About this task → Write out the full set of records below exactly.

Working data →
◇ ◇ ◇ ◇ ◇ ◇ ◇

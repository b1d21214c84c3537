-- ===== src/Pipeline/Streamer/Stranded.antt =====
-- A stream of pipeline/streamer.go that has events, no processor, and no place among the charged ones:
-- the writes and calls that leave it so, and runs of calls.
use file_d.Base.{
  ℕ, ◌+◌, ◌<◌, ◌≡◌, ◌≢◌, refl, sym, subst, ap, inl, inr, Bytes, Bool, true, false, Option, List, [],
  ◌∷◌, is_empty, arith, ◌==◌, ok, count, count-append, map-eq-ok, Bool-cases, Option-cases,
  List-cases, pop_last-Pops,
}
use file_d.Pipeline.Event.{Event}
use file_d.Pipeline.Stream.{Stream, put, attach, commit, instant_get}
use file_d.Pipeline.Streamer.{
  Streamer, update, find_stream, get_stream, store, join_stream, remove, attach_joined,
  instant_get_from, Call, attaches, wakes, step,
}
use file_d.Pipeline.Streamer.Cells.{Same}

-- Events and no processor.
abbrev pub IsIdle : Stream → Type 0
IsIdle s = (s.is_attached ≡ false) × (s.is_detaching ≡ false) × (is_empty s.queue ≡ false)

pub record Stranded (p : ℕ) (st : Streamer) : Type 0 where
  pub idle : IsIdle (st.cell p)
  pub absent : count p st.charged + count p st.taken ≡ 0
  pub known : p < st.fresh

-- What a call may do: only a stream that `joinStream` has popped is attached, and only a stream with a
-- processor is woken. The heartbeat may meet any stream.
abbrev pub IsAllowed : Streamer → Call → Type 0
IsAllowed st (attaches q) = 0 < count q st.taken
IsAllowed st (wakes q now) = (st.cell q).is_attached ≡ true
IsAllowed st _ = Unit {0}

pub data Runs (st : Streamer) : Streamer → Type 0 where
  stays : Runs st st
  calls : {t u : Streamer} (c : Call) → Runs st t → IsAllowed t c → step t c ≡ ok u → Runs st u

pub put-IsIdle :
    (q : ℕ) (s : Stream) (e : Event) → IsIdle s → IsIdle (put q s e).0 × ((put q s e).1 ≡ false)
unfolding put
put-IsIdle q s e h = elim (List-cases s.queue) [
  | inl empty ↦ ground arith
  | inr (x, xs, some_queue) ↦ ground arith
]

pub commit-IsIdle :
    (s : Stream) (e : Event) → IsIdle s → IsIdle (commit s e).0 × ((commit s e).1 ≡ false)
unfolding commit
commit-IsIdle s e h = ground arith

other : (p q : ℕ) → (p == q) ≡ false → (q == p) ≡ false
other p q h = ground arith

-- A method of a stream, which leaves this one idle, or another one.
pub store-Stranded :
    (p q : ℕ) (st : Streamer) (s : Stream) (charged : Bool)
    → (q ≡ p → IsIdle s × (charged ≡ false))
    → Stranded p st
    → Stranded p (store st q s charged)
unfolding store
store-Stranded p q st s charged kept v = elim (Bool-cases (q == p)) [
  | inl e ↦
      let same : q ≡ p = ground arith in
      let (idle, free) = kept same in
      record {
        idle = ground (arith, idle, free);
        absent = ground (arith, v.absent, free);
        known = ground (arith, v.known, free);
      }
  | inr e ↦ record {
    idle = ground (arith, v.idle);
    absent = ground (arith, v.absent, count-append p st.charged (q ∷ []));
    known = ground (arith, v.known);
  }
]

pub cells-Stranded :
    (p : ℕ) (st : Streamer) (cell : ℕ → Stream) (blocked : List ℕ)
    → ((q : ℕ) → Same (st.cell q) (cell q))
    → Stranded p st
    → Stranded p (record st { cell = cell; blocked = blocked })
cells-Stranded p st cell blocked same v = record {
  idle = ground (arith, v.idle, same p);
  absent = v.absent;
  known = v.known;
}

-- A write to another stream.
pub write-Stranded :
    (p q : ℕ) (st : Streamer) (s : Stream)
    → q ≢ p
    → Stranded p st
    → Stranded p (record st { cell = update st.cell q s })
unfolding store
write-Stranded p q st s apart v = store-Stranded p q st s false (λ h. absurd (apart h)) v

pub get_stream-Stranded :
    (p : ℕ) (st : Streamer) (i : ℕ) (name : Bytes)
    → Stranded p st
    → Stranded p (get_stream st i name).0
unfolding get_stream
get_stream-Stranded p st i name v = elim (Option-cases (find_stream st.directory i name)) [
  | inr (q, e) ↦ rw (e, get_stream) v
  | inl e ↦
      rw (e, get_stream)
        (record {
          idle = ground (arith, v.idle, v.known);
          absent = v.absent;
          known = omega (arith, v.known);
        })
]

pub join_stream-Stranded : (p : ℕ) (st : Streamer) → Stranded p st → Stranded p (join_stream st).0
unfolding join_stream
join_stream-Stranded p st v = elim (pop_last-Pops st.charged) [
  | inl (_, e) ↦ rw (e, join_stream) v
  | inr (rest, q, whole, e) ↦
      rw (e, join_stream)
        (record {
          idle = v.idle;
          absent = ground (arith, v.absent, count-append p rest (q ∷ []));
          known = v.known;
        })
]

count-remove-none : (p q : ℕ) (xs : List ℕ) → count p xs ≡ 0 → count p (remove q xs) ≡ 0
unfolding remove
count-remove-none p q [] h = refl
count-remove-none p q (x ∷ xs) h = ground (arith, count-remove-none p q xs)

pub attach_joined-Stranded :
    (p q : ℕ) (st st' : Streamer)
    → 0 < count q st.taken
    → Stranded p st
    → attach_joined st q ≡ ok st'
    → Stranded p st'
unfolding attach_joined
attach_joined-Stranded p q st st' taken v h =
    let (s, e, k) = map-eq-ok (attach (st.cell q)) _ h in
    let apart : q ≢ p = λ same. ground (arith, v.absent) in
    let w = write-Stranded p q st s apart v in
    subst (Stranded p) k (record {
      idle = w.idle;
      absent = omega (arith, v.absent, count-remove-none p q st.taken (omega (arith, v.absent)));
      known = v.known;
    })

-- Only an attached stream is read.
instant_get_attached :
    (s t : Stream) (c : Bool) (e : Option Event)
    → instant_get s ≡ ok (t, c, e)
    → s.is_attached ≡ true
unfolding instant_get
instant_get_attached s t c e h = ground arith

-- A stream with a processor is another one.
pub attached_apart :
    (p q : ℕ) (st : Streamer) → Stranded p st → (st.cell q).is_attached ≡ true → q ≢ p
attached_apart p q st v a same =
    let b : (st.cell q).is_attached ≡ false =
      subst (λ x. (st.cell x).is_attached ≡ false) (sym same) v.idle.0 in
    ground arith

pub instant_get_from-Stranded :
    (p q : ℕ) (st st' : Streamer) (e : Option Event)
    → Stranded p st
    → instant_get_from st q ≡ ok (st', e)
    → Stranded p st'
unfolding instant_get_from
instant_get_from-Stranded p q st st' e v h =
    let ((s, c, f), got, k) = map-eq-ok (instant_get (st.cell q)) _ h in
    let apart = attached_apart p q st v (instant_get_attached (st.cell q) s c f got) in
    subst (Stranded p) (ap (λ (r : Streamer × Option Event). r.0) k)
      (store-Stranded p q st s c (λ same. absurd (apart same)) v)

◇ ◇ ◇ ◇ ◇ ◇ ◇

Solution for this problem →
repository b1d21214c84c3537
-- ===== src/Pipeline/Streamer/Stranded.antt =====
-- A stream of pipeline/streamer.go that has events, no processor, and no place among the charged ones:
-- the writes and calls that leave it so, and runs of calls.
use file_d.Base.{
  ℕ, ◌+◌, ◌<◌, ◌≡◌, ◌≢◌, refl, sym, subst, ap, inl, inr, Bytes, Bool, true, false, Option, List, [],
  ◌∷◌, is_empty, arith, ◌==◌, ok, count, count-append, map-eq-ok, Bool-cases, Option-cases,
  List-cases, pop_last-Pops,
}
use file_d.Pipeline.Event.{Event}
use file_d.Pipeline.Stream.{Stream, put, attach, commit, instant_get}
use file_d.Pipeline.Streamer.{
  Streamer, update, find_stream, get_stream, store, join_stream, remove, attach_joined,
  instant_get_from, Call, attaches, wakes, step,
}
use file_d.Pipeline.Streamer.Cells.{Same}

-- Events and no processor.
abbrev pub IsIdle : Stream → Type 0
IsIdle s = (s.is_attached ≡ false) × (s.is_detaching ≡ false) × (is_empty s.queue ≡ false)

pub record Stranded (p : ℕ) (st : Streamer) : Type 0 where
  pub idle : IsIdle (st.cell p)
  pub absent : count p st.charged + count p st.taken ≡ 0
  pub known : p < st.fresh

-- What a call may do: only a stream that `joinStream` has popped is attached, and only a stream with a
-- processor is woken. The heartbeat may meet any stream.
abbrev pub IsAllowed : Streamer → Call → Type 0
IsAllowed st (attaches q) = 0 < count q st.taken
IsAllowed st (wakes q now) = (st.cell q).is_attached ≡ true
IsAllowed st _ = Unit {0}

pub data Runs (st : Streamer) : Streamer → Type 0 where
  stays : Runs st st
  calls : {t u : Streamer} (c : Call) → Runs st t → IsAllowed t c → step t c ≡ ok u → Runs st u

pub put-IsIdle :
    (q : ℕ) (s : Stream) (e : Event) → IsIdle s → IsIdle (put q s e).0 × ((put q s e).1 ≡ false)
unfolding put
put-IsIdle q s e h = elim (List-cases s.queue) [
  | inl empty ↦ ground arith
  | inr (x, xs, some_queue) ↦ ground arith
]

pub commit-IsIdle :
    (s : Stream) (e : Event) → IsIdle s → IsIdle (commit s e).0 × ((commit s e).1 ≡ false)
unfolding commit
commit-IsIdle s e h = ground arith

other : (p q : ℕ) → (p == q) ≡ false → (q == p) ≡ false
other p q h = ground arith

-- A method of a stream, which leaves this one idle, or another one.
pub store-Stranded :
    (p q : ℕ) (st : Streamer) (s : Stream) (charged : Bool)
    → (q ≡ p → IsIdle s × (charged ≡ false))
    → Stranded p st
    → Stranded p (store st q s charged)
unfolding store
store-Stranded p q st s charged kept v = elim (Bool-cases (q == p)) [
  | inl e ↦
      let same : q ≡ p = ground arith in
      let (idle, free) = kept same in
      record {
        idle = ground (arith, idle, free);
        absent = ground (arith, v.absent, free);
        known = ground (arith, v.known, free);
      }
  | inr e ↦ record {
    idle = ground (arith, v.idle);
    absent = ground (arith, v.absent, count-append p st.charged (q ∷ []));
    known = ground (arith, v.known);
  }
]

pub cells-Stranded :
    (p : ℕ) (st : Streamer) (cell : ℕ → Stream) (blocked : List ℕ)
    → ((q : ℕ) → Same (st.cell q) (cell q))
    → Stranded p st
    → Stranded p (record st { cell = cell; blocked = blocked })
cells-Stranded p st cell blocked same v = record {
  idle = ground (arith, v.idle, same p);
  absent = v.absent;
  known = v.known;
}

-- A write to another stream.
pub write-Stranded :
    (p q : ℕ) (st : Streamer) (s : Stream)
    → q ≢ p
    → Stranded p st
    → Stranded p (record st { cell = update st.cell q s })
unfolding store
write-Stranded p q st s apart v = store-Stranded p q st s false (λ h. absurd (apart h)) v

pub get_stream-Stranded :
    (p : ℕ) (st : Streamer) (i : ℕ) (name : Bytes)
    → Stranded p st
    → Stranded p (get_stream st i name).0
unfolding get_stream
get_stream-Stranded p st i name v = elim (Option-cases (find_stream st.directory i name)) [
  | inr (q, e) ↦ rw (e, get_stream) v
  | inl e ↦
      rw (e, get_stream)
        (record {
          idle = ground (arith, v.idle, v.known);
          absent = v.absent;
          known = omega (arith, v.known);
        })
]

pub join_stream-Stranded : (p : ℕ) (st : Streamer) → Stranded p st → Stranded p (join_stream st).0
unfolding join_stream
join_stream-Stranded p st v = elim (pop_last-Pops st.charged) [
  | inl (_, e) ↦ rw (e, join_stream) v
  | inr (rest, q, whole, e) ↦
      rw (e, join_stream)
        (record {
          idle = v.idle;
          absent = ground (arith, v.absent, count-append p rest (q ∷ []));
          known = v.known;
        })
]

count-remove-none : (p q : ℕ) (xs : List ℕ) → count p xs ≡ 0 → count p (remove q xs) ≡ 0
unfolding remove
count-remove-none p q [] h = refl
count-remove-none p q (x ∷ xs) h = ground (arith, count-remove-none p q xs)

pub attach_joined-Stranded :
    (p q : ℕ) (st st' : Streamer)
    → 0 < count q st.taken
    → Stranded p st
    → attach_joined st q ≡ ok st'
    → Stranded p st'
unfolding attach_joined
attach_joined-Stranded p q st st' taken v h =
    let (s, e, k) = map-eq-ok (attach (st.cell q)) _ h in
    let apart : q ≢ p = λ same. ground (arith, v.absent) in
    let w = write-Stranded p q st s apart v in
    subst (Stranded p) k (record {
      idle = w.idle;
      absent = omega (arith, v.absent, count-remove-none p q st.taken (omega (arith, v.absent)));
      known = v.known;
    })

-- Only an attached stream is read.
instant_get_attached :
    (s t : Stream) (c : Bool) (e : Option Event)
    → instant_get s ≡ ok (t, c, e)
    → s.is_attached ≡ true
unfolding instant_get
instant_get_attached s t c e h = ground arith

-- A stream with a processor is another one.
pub attached_apart :
    (p q : ℕ) (st : Streamer) → Stranded p st → (st.cell q).is_attached ≡ true → q ≢ p
attached_apart p q st v a same =
    let b : (st.cell q).is_attached ≡ false =
      subst (λ x. (st.cell x).is_attached ≡ false) (sym same) v.idle.0 in
    ground arith

pub instant_get_from-Stranded :
    (p q : ℕ) (st st' : Streamer) (e : Option Event)
    → Stranded p st
    → instant_get_from st q ≡ ok (st', e)
    → Stranded p st'
unfolding instant_get_from
instant_get_from-Stranded p q st st' e v h =
    let ((s, c, f), got, k) = map-eq-ok (instant_get (st.cell q)) _ h in
    let apart = attached_apart p q st v (instant_get_attached (st.cell q) s c f got) in
    subst (Stranded p) (ap (λ (r : Streamer × Option Event). r.0) k)
      (store-Stranded p q st s c (λ same. absurd (apart same)) v)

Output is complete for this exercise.